- [YOUR ASSIGNMENT]:
Write out the data below exactly, beginning with the first line and ending once the line that has "-- A device" is written.

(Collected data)
-- ===== src/PlaybackSync.antt =====
-- crates/server/src/playback_sync.rs: a room of one user's devices, and what its sockets do to it.
-- A device id, a snapshot, a command and the data of a device are numbers. A hash map is an
-- association list without double keys; which device is its first is the list's choice.
pub mod Listed
pub mod Active
use alac_bot.Prelude.{
  ℕ, Bool, true, false, ◌&&◌, not, Option, none, some, List, [], ◌∷◌, map, ◌==◌, if◌then◌else◌,
}

pub record ConnectedDeviceInfo : Type 0 where
  pub device_id : ℕ
  pub device_name : ℕ
  pub platform : ℕ

pub data ClientMessage : Type 0 where
  hello : ConnectedDeviceInfo → ClientMessage
  report_state : ℕ → ClientMessage
  command : ℕ → ClientMessage
  transfer_playback : ℕ → ClientMessage

pub data ServerMessage : Type 0 where
  room_state : Option ℕ → List ConnectedDeviceInfo → Option ℕ → ServerMessage
  state_updated : Option ℕ → ℕ → ServerMessage
  execute_command : ℕ → ServerMessage

-- `devices` by id, and `device_connections` from the id to the connection that holds it.
pub record SyncRoom : Type 0 where
  pub devices : List (ℕ × ConnectedDeviceInfo)
  pub device_connections : List (ℕ × ℕ)
  pub active_device_id : Option ℕ
  pub latest_snapshot : Option ℕ

abbrev pub empty_room : SyncRoom
empty_room = record {
  devices = [];
  device_connections = [];
  active_device_id = none;
  latest_snapshot = none;
}

-- `HashMap::get`, `remove` and `insert`
unfoldable pub find_key {ℓ} : {A : Type ℓ} → ℕ → List (ℕ × A) → Option A
find_key k [] = none
find_key k (e ∷ rest) = if e.0 == k then some e.1 else find_key k rest

unfoldable pub remove_key {ℓ} : {A : Type ℓ} → ℕ → List (ℕ × A) → List (ℕ × A)
remove_key k [] = []
remove_key k (e ∷ rest) = if e.0 == k then remove_key k rest else e ∷ remove_key k rest

abbrev pub insert_key {ℓ} : {A : Type ℓ} → ℕ → A → List (ℕ × A) → List (ℕ × A)
insert_key k v entries = (k, v) ∷ remove_key k entries

abbrev pub is_some {ℓ} : {A : Type ℓ} → Option A → Bool
is_some none = false
is_some (some a) = true

abbrev pub holds : Option ℕ → ℕ → Bool
holds none n = false
holds (some m) n = m == n

-- The devices are told in the order of the map.
unfoldable pub current_state : SyncRoom → ServerMessage
current_state room =
    room_state room.active_device_id (map (λ e. e.1) room.devices) room.latest_snapshot

unfoldable pub remove_device_connection : SyncRoom → ℕ → ℕ → SyncRoom × Bool
unfolding find_key remove_key
remove_device_connection room device_id connection_id =
    if holds (find_key device_id room.device_connections) connection_id
    then (
      record room {
        device_connections = remove_key device_id room.device_connections;
        devices = remove_key device_id room.devices;
      },
      is_some (find_key device_id room.devices),
    )
    else (room, false)

-- The device that the socket held before gives way to another one.
unfoldable pub leave_previous : Option ℕ → ℕ → ℕ → SyncRoom → SyncRoom
unfolding remove_device_connection
leave_previous none device_id connection_id room = room
leave_previous (some prev) device_id connection_id room =
    if prev == device_id then room else (remove_device_connection room prev connection_id).0

unfoldable pub enter : ConnectedDeviceInfo → ℕ → SyncRoom → SyncRoom
unfolding remove_key
enter info connection_id room = record room {
  devices = insert_key info.device_id info room.devices;
  device_connections = insert_key info.device_id connection_id room.device_connections;
  active_device_id = elim room.active_device_id [ none ↦ some info.device_id | some d ↦ some d ];
}

abbrev pub same_device : Option ℕ → Option ℕ → Bool
same_device (some current) (some active) = current == active
same_device (some current) none = false
same_device none active = false

-- A message of a client on a connection that holds a device: the room, the device that the
-- connection holds then, and what is sent to all.
unfoldable pub handle_message :
    ClientMessage → ℕ → Option ℕ → SyncRoom → SyncRoom × Option ℕ × List ServerMessage
unfolding leave_previous enter current_state
handle_message (hello info) connection_id mine room =
    let after = enter info connection_id (leave_previous mine info.device_id connection_id room) in
    (after, some info.device_id, current_state after ∷ [])
handle_message (report_state snapshot) connection_id mine room =
    if same_device mine room.active_device_id
    then (
      record room { latest_snapshot = some snapshot },
      mine,
      state_updated room.active_device_id snapshot ∷ [],
    )
    else (room, mine, [])
handle_message (command action) connection_id mine room = (room, mine, execute_command action ∷ [])
handle_message (transfer_playback target) connection_id mine room =
    let after = record room { active_device_id = some target } in
    (after, mine, current_state after ∷ [])

abbrev pub first_key {ℓ} : {A : Type ℓ} → List (ℕ × A) → Option ℕ
first_key [] = none
first_key (e ∷ rest) = some e.0

-- After the loop of a socket: its device leaves, and another one becomes active if it was.
unfoldable pub disconnect : ℕ → Option ℕ → SyncRoom → SyncRoom × List ServerMessage
unfolding remove_device_connection current_state
disconnect connection_id none room = (room, [])
disconnect connection_id (some dev_id) room =
    let (left, removed) = remove_device_connection room dev_id connection_id in
    let after =
      if removed && holds left.active_device_id dev_id
      then record left { active_device_id = first_key left.devices }
      else left in
    (after, current_state after ∷ [])

-- The room with its open sockets: by connection id, the device that each holds.
pub record System : Type 0 where
  pub room : SyncRoom
  pub sockets : List (ℕ × Option ℕ)

pub data Event : Type 0 where
  opened closed : ℕ → Event
  received : ℕ → ClientMessage → Event

unfoldable pub receive : ℕ → ClientMessage → Option (Option ℕ) → System → System
unfolding handle_message
receive connection_id message none s = s
receive connection_id message (some mine) s =
    let (room, held, sent) = handle_message message connection_id mine s.room in
    record { room = room; sockets = insert_key connection_id held s.sockets }

unfoldable pub close : ℕ → Option (Option ℕ) → System → System
unfolding disconnect
close connection_id none s = s
close connection_id (some mine) s = record {
  room = (disconnect connection_id mine s.room).0;
  sockets = remove_key connection_id s.sockets;
}

-- A socket opens under an id of its own.
unfoldable pub open_socket : ℕ → Option (Option ℕ) → System → System
open_socket connection_id (some mine) s = s
open_socket connection_id none s = record s { sockets = insert_key connection_id none s.sockets }

unfoldable pub step : Event → System → System
unfolding open_socket receive close find_key
step (opened c) s = open_socket c (find_key c s.sockets) s
step (closed c) s = close c (find_key c s.sockets) s
step (received c message) s = receive c message (find_key c s.sockets) s

-- The events, the last one first.
unfoldable pub system_after : List Event → System
unfolding step
system_after [] = record { room = empty_room; sockets = [] }
system_after (e ∷ events) = step e (system_after events)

- [ANSWER TO THIS TASK]:
-- ===== src/PlaybackSync.antt =====
-- crates/server/src/playback_sync.rs: a room of one user's devices, and what its sockets do to it.
-- A device id, a snapshot, a command and the data of a device are numbers. A hash map is an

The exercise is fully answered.